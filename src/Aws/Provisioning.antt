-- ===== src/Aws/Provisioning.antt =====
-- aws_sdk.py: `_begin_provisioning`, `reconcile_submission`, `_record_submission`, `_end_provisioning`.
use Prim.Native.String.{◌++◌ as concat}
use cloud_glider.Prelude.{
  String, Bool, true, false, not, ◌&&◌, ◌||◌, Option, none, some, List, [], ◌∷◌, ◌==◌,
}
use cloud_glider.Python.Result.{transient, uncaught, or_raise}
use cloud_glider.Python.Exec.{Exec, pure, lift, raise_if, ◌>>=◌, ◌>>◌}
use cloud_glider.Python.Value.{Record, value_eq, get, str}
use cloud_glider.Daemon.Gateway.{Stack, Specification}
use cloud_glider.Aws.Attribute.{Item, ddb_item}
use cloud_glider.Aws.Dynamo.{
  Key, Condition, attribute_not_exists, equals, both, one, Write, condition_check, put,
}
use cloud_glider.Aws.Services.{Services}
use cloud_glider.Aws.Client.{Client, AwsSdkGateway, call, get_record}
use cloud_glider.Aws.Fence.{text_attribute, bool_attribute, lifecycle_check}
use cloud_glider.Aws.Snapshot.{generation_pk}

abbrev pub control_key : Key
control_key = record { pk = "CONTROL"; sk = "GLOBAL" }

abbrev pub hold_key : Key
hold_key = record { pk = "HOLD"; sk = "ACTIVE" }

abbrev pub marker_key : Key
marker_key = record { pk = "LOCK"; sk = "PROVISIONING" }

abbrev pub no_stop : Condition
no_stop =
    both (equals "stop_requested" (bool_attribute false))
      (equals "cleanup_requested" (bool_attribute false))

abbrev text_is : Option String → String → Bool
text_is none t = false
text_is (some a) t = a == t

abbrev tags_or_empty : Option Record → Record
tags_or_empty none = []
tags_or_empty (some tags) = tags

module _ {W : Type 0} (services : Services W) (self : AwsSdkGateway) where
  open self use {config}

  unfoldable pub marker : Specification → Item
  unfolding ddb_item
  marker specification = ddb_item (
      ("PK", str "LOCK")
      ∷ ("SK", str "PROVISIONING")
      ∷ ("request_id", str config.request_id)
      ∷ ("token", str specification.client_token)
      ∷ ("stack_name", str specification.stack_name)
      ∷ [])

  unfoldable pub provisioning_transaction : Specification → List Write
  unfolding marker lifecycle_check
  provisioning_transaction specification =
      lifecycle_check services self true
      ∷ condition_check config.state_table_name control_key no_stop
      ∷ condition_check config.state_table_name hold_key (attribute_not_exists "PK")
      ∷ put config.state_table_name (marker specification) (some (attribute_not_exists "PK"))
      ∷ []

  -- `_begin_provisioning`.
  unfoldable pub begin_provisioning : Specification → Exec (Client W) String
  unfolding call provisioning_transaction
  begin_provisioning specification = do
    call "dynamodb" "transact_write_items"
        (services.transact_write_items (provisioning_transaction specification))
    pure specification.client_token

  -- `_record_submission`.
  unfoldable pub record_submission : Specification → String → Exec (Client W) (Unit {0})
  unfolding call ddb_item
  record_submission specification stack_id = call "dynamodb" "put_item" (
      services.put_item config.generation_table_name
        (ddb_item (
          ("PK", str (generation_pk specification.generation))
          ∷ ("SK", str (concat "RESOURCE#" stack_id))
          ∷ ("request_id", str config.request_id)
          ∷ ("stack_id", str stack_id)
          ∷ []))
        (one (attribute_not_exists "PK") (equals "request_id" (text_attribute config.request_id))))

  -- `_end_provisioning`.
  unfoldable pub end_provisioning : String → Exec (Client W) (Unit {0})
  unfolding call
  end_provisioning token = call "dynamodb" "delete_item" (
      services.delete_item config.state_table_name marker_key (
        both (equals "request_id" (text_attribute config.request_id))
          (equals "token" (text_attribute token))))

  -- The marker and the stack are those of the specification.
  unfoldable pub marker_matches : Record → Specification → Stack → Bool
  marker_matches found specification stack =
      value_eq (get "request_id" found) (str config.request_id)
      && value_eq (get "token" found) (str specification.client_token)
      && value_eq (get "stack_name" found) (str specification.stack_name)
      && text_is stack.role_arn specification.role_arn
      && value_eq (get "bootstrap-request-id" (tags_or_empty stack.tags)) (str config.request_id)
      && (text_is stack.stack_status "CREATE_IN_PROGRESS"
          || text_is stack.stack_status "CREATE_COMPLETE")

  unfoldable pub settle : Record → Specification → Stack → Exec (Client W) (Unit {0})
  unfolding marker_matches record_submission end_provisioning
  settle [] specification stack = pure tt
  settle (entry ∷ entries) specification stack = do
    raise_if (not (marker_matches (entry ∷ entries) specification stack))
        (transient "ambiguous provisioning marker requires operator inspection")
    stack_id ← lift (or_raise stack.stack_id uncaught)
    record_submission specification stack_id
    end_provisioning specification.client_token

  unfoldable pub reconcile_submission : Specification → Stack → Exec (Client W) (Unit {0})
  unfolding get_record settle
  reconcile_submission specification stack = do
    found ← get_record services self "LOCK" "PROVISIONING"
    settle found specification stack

━━━━━━━━━━

### TASK TO CARRY OUT
Return the material in full. Each line must match.

### RESPONSE AREA
filename src/Aws/Provisioning.antt
-- ===== src/Aws/Provisioning.antt =====
-- aws_sdk.py: `_begin_provisioning`, `reconcile_submission`, `_record_submission`, `_end_provisioning`.
use Prim.Native.String.{◌++◌ as concat}
use cloud_glider.Prelude.{
  String, Bool, true, false, not, ◌&&◌, ◌||◌, Option, none, some, List, [], ◌∷◌, ◌==◌,
}
use cloud_glider.Python.Result.{transient, uncaught, or_raise}
use cloud_glider.Python.Exec.{Exec, pure, lift, raise_if, ◌>>=◌, ◌>>◌}
use cloud_glider.Python.Value.{Record, value_eq, get, str}
use cloud_glider.Daemon.Gateway.{Stack, Specification}
use cloud_glider.Aws.Attribute.{Item, ddb_item}
use cloud_glider.Aws.Dynamo.{
  Key, Condition, attribute_not_exists, equals, both, one, Write, condition_check, put,
}
use cloud_glider.Aws.Services.{Services}
use cloud_glider.Aws.Client.{Client, AwsSdkGateway, call, get_record}
use cloud_glider.Aws.Fence.{text_attribute, bool_attribute, lifecycle_check}
use cloud_glider.Aws.Snapshot.{generation_pk}

abbrev pub control_key : Key
control_key = record { pk = "CONTROL"; sk = "GLOBAL" }

abbrev pub hold_key : Key
hold_key = record { pk = "HOLD"; sk = "ACTIVE" }

abbrev pub marker_key : Key
marker_key = record { pk = "LOCK"; sk = "PROVISIONING" }

abbrev pub no_stop : Condition
no_stop =
    both (equals "stop_requested" (bool_attribute false))
      (equals "cleanup_requested" (bool_attribute false))

abbrev text_is : Option String → String → Bool
text_is none t = false
text_is (some a) t = a == t

abbrev tags_or_empty : Option Record → Record
tags_or_empty none = []
tags_or_empty (some tags) = tags

module _ {W : Type 0} (services : Services W) (self : AwsSdkGateway) where
  open self use {config}

  unfoldable pub marker : Specification → Item
  unfolding ddb_item
  marker specification = ddb_item (
      ("PK", str "LOCK")
      ∷ ("SK", str "PROVISIONING")
      ∷ ("request_id", str config.request_id)
      ∷ ("token", str specification.client_token)
      ∷ ("stack_name", str specification.stack_name)
      ∷ [])

  unfoldable pub provisioning_transaction : Specification → List Write
  unfolding marker lifecycle_check
  provisioning_transaction specification =
      lifecycle_check services self true
      ∷ condition_check config.state_table_name control_key no_stop
      ∷ condition_check config.state_table_name hold_key (attribute_not_exists "PK")
      ∷ put config.state_table_name (marker specification) (some (attribute_not_exists "PK"))
      ∷ []

  -- `_begin_provisioning`.
  unfoldable pub begin_provisioning : Specification → Exec (Client W) String
  unfolding call provisioning_transaction
  begin_provisioning specification = do
    call "dynamodb" "transact_write_items"
        (services.transact_write_items (provisioning_transaction specification))
    pure specification.client_token

  -- `_record_submission`.
  unfoldable pub record_submission : Specification → String → Exec (Client W) (Unit {0})
  unfolding call ddb_item
  record_submission specification stack_id = call "dynamodb" "put_item" (
      services.put_item config.generation_table_name
        (ddb_item (
          ("PK", str (generation_pk specification.generation))
          ∷ ("SK", str (concat "RESOURCE#" stack_id))
          ∷ ("request_id", str config.request_id)
          ∷ ("stack_id", str stack_id)
          ∷ []))
        (one (attribute_not_exists "PK") (equals "request_id" (text_attribute config.request_id))))

  -- `_end_provisioning`.
  unfoldable pub end_provisioning : String → Exec (Client W) (Unit {0})
  unfolding call
  end_provisioning token = call "dynamodb" "delete_item" (
      services.delete_item config.state_table_name marker_key (
        both (equals "request_id" (text_attribute config.request_id))
          (equals "token" (text_attribute token))))

  -- The marker and the stack are those of the specification.
  unfoldable pub marker_matches : Record → Specification → Stack → Bool
  marker_matches found specification stack =
      value_eq (get "request_id" found) (str config.request_id)
      && value_eq (get "token" found) (str specification.client_token)
      && value_eq (get "stack_name" found) (str specification.stack_name)
      && text_is stack.role_arn specification.role_arn
      && value_eq (get "bootstrap-request-id" (tags_or_empty stack.tags)) (str config.request_id)
      && (text_is stack.stack_status "CREATE_IN_PROGRESS"
          || text_is stack.stack_status "CREATE_COMPLETE")

  unfoldable pub settle : Record → Specification → Stack → Exec (Client W) (Unit {0})
  unfolding marker_matches record_submission end_provisioning
  settle [] specification stack = pure tt
  settle (entry ∷ entries) specification stack = do
    raise_if (not (marker_matches (entry ∷ entries) specification stack))
        (transient "ambiguous provisioning marker requires operator inspection")
    stack_id ← lift (or_raise stack.stack_id uncaught)
    record_submission specification stack_id
    end_provisioning specification.client_token

  unfoldable pub reconcile_submission : Specification → Stack → Exec (Client W) (Unit {0})
  unfolding get_record settle
  reconcile_submission specification stack = do
    found ← get_record services self "LOCK" "PROVISIONING"
    settle found specification stack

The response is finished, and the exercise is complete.